-- Task description --
Which lines below contain "abbrev"? Copy every one of them.

-- Stored data --
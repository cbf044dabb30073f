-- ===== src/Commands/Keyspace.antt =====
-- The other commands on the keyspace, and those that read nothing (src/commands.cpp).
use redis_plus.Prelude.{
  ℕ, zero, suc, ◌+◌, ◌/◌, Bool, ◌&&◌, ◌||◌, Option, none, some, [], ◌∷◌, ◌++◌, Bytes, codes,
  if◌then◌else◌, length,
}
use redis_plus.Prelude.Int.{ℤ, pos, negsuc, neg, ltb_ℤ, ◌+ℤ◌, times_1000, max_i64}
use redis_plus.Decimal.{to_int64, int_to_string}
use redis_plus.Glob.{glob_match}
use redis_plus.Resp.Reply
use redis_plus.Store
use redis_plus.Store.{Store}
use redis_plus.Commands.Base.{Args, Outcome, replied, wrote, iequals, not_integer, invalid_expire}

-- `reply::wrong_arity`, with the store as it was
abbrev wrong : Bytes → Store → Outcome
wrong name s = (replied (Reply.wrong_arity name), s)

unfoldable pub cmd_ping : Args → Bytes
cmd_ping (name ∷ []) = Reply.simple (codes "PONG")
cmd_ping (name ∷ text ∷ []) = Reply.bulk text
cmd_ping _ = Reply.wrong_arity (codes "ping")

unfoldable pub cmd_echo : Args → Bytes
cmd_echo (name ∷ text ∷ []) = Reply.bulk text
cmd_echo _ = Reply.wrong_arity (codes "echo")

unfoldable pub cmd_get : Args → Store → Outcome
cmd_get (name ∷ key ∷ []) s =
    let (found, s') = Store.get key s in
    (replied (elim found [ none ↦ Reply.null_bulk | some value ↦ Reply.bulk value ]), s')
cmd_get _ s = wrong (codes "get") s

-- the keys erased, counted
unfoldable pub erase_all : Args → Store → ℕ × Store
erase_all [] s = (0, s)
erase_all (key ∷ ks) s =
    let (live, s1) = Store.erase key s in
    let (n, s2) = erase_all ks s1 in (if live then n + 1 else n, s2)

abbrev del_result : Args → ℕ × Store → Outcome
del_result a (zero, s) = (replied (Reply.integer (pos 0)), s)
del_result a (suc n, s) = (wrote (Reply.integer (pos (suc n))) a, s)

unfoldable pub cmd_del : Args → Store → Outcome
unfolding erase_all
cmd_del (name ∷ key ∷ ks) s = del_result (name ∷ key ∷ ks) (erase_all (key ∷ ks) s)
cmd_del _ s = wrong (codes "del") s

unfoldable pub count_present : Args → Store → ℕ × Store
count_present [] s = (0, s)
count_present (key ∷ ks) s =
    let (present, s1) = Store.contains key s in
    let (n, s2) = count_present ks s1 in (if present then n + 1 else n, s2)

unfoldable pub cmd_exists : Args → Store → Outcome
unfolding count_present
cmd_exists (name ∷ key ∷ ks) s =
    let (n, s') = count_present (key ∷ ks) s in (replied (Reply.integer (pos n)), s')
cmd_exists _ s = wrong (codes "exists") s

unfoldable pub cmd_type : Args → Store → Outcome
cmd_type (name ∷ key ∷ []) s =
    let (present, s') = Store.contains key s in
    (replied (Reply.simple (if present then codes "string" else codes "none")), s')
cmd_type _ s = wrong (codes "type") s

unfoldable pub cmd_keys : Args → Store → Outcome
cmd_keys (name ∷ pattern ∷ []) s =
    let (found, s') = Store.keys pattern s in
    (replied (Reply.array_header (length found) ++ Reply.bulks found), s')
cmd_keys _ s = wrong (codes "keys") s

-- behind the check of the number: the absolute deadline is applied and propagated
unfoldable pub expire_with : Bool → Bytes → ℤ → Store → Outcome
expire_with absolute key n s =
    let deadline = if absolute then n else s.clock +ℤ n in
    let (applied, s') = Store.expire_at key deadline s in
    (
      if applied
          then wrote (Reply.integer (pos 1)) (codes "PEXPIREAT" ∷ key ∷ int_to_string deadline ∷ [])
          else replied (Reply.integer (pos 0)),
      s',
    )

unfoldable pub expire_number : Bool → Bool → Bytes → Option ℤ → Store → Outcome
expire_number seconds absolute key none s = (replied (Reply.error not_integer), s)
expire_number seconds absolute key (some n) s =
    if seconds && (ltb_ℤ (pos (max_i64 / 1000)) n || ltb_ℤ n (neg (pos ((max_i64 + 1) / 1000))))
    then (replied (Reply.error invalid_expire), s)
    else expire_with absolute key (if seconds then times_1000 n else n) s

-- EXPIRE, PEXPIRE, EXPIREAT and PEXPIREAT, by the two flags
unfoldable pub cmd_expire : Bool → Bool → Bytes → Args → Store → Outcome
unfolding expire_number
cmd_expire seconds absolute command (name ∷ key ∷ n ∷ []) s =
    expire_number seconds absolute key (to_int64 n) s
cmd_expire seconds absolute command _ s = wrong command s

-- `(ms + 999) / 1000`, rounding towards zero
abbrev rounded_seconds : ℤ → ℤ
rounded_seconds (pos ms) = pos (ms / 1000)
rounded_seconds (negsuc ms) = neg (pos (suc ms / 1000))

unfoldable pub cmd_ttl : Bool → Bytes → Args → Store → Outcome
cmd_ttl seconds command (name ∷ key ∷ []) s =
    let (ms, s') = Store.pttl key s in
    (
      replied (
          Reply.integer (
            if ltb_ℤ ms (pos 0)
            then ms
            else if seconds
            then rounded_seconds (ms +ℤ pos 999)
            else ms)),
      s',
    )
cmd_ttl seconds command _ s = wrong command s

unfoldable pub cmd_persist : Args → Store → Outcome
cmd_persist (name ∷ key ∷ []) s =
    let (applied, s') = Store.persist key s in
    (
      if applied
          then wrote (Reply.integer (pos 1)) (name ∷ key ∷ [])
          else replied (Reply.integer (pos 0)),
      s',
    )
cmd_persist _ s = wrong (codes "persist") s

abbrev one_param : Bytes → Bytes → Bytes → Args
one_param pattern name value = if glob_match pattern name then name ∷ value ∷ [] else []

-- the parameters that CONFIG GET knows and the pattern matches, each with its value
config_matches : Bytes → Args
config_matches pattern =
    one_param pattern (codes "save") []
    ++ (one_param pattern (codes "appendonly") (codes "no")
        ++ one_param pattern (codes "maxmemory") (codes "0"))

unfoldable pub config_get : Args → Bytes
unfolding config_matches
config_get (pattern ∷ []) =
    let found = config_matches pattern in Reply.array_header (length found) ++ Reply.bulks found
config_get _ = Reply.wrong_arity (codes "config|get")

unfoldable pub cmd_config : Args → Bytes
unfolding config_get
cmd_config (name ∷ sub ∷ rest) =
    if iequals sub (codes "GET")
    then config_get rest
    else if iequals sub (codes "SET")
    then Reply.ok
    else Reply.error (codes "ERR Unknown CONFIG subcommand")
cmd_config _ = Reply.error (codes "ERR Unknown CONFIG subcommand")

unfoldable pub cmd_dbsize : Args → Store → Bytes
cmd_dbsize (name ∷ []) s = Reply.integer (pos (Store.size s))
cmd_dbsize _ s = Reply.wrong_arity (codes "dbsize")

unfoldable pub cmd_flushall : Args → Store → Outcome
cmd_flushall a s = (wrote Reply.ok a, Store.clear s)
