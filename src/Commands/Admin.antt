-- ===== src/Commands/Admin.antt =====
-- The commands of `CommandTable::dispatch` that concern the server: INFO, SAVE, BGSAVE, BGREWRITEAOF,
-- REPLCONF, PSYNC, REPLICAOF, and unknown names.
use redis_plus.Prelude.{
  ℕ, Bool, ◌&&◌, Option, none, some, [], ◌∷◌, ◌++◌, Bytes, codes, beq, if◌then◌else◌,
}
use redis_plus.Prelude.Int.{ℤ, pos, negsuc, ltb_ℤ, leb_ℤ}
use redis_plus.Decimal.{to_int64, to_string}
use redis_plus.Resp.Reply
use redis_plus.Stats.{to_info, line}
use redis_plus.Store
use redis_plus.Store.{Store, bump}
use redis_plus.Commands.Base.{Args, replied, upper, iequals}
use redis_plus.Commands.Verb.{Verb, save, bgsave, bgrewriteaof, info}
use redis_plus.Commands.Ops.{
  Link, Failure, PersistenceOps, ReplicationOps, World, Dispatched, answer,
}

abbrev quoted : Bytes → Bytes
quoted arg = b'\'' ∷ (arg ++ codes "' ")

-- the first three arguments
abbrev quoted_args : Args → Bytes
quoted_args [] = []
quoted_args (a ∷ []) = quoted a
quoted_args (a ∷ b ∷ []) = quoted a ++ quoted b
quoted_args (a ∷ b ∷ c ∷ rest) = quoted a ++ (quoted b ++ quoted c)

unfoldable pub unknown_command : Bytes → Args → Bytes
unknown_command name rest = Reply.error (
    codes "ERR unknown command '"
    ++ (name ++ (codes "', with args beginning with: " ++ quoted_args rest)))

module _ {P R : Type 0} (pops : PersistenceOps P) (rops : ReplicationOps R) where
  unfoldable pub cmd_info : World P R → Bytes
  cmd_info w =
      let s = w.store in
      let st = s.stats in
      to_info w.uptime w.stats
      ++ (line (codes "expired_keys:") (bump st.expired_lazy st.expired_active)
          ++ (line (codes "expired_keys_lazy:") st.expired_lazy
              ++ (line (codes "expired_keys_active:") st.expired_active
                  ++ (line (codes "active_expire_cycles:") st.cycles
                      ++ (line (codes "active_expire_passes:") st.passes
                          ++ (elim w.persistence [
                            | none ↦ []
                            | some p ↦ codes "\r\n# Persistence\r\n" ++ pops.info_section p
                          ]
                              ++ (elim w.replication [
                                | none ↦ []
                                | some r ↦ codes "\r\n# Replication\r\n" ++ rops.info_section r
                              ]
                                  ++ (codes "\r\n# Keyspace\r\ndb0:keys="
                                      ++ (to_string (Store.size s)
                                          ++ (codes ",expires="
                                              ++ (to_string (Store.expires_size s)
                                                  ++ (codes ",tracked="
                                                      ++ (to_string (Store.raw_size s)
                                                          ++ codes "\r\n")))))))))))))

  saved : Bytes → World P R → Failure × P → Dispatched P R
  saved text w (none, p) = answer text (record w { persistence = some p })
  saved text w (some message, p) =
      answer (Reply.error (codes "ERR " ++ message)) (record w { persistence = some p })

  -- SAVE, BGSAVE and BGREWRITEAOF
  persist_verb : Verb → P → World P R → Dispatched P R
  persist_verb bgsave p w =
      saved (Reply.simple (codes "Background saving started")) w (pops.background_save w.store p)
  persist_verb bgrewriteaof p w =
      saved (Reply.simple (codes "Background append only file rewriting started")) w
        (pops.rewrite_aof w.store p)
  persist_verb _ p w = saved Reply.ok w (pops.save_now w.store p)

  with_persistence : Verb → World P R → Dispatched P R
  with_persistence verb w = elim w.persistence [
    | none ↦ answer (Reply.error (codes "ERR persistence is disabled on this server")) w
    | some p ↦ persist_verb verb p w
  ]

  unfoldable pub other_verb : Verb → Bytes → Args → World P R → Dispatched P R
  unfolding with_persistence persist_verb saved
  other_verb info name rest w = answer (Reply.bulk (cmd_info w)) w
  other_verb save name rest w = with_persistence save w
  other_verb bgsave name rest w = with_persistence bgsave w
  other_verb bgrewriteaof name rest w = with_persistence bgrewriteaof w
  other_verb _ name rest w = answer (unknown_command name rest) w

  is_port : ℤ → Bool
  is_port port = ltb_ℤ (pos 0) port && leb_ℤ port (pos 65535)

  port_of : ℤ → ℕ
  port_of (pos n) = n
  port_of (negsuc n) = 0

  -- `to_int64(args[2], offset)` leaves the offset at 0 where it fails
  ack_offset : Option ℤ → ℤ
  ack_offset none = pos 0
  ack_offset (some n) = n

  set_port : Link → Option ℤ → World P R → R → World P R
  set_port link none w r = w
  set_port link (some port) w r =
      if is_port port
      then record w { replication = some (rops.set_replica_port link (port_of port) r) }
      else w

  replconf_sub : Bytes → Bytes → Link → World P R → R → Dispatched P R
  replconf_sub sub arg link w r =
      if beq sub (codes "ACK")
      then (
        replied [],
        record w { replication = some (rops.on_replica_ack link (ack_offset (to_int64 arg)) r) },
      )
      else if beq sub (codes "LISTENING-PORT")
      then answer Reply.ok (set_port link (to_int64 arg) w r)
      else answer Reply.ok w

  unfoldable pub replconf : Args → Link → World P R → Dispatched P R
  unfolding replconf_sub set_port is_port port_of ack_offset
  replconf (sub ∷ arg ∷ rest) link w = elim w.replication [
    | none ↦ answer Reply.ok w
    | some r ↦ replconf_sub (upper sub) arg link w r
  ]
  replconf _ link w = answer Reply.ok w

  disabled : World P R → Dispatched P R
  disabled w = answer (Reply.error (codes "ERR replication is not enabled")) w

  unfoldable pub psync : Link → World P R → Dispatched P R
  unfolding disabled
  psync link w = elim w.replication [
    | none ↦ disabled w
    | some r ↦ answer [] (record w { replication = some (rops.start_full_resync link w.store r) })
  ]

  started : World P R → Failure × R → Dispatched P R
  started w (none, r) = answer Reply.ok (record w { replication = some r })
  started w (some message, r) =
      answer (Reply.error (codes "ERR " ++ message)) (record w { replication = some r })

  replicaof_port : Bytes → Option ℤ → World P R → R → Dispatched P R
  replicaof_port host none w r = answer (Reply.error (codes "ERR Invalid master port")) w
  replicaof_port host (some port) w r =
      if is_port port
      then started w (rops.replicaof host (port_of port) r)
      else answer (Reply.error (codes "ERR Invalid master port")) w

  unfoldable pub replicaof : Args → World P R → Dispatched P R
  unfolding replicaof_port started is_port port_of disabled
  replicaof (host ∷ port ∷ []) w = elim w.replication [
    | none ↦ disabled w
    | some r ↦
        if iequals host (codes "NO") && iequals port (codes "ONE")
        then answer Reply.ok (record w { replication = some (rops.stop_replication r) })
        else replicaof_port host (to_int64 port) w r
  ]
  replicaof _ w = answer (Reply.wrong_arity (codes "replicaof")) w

-- Solution for this task --
abbrev wrong : Bytes → Store → Outcome
abbrev del_result : Args → ℕ × Store → Outcome
abbrev rounded_seconds : ℤ → ℤ
abbrev one_param : Bytes → Bytes → Bytes → Args
abbrev quoted : Bytes → Bytes
abbrev quoted_args : Args → Bytes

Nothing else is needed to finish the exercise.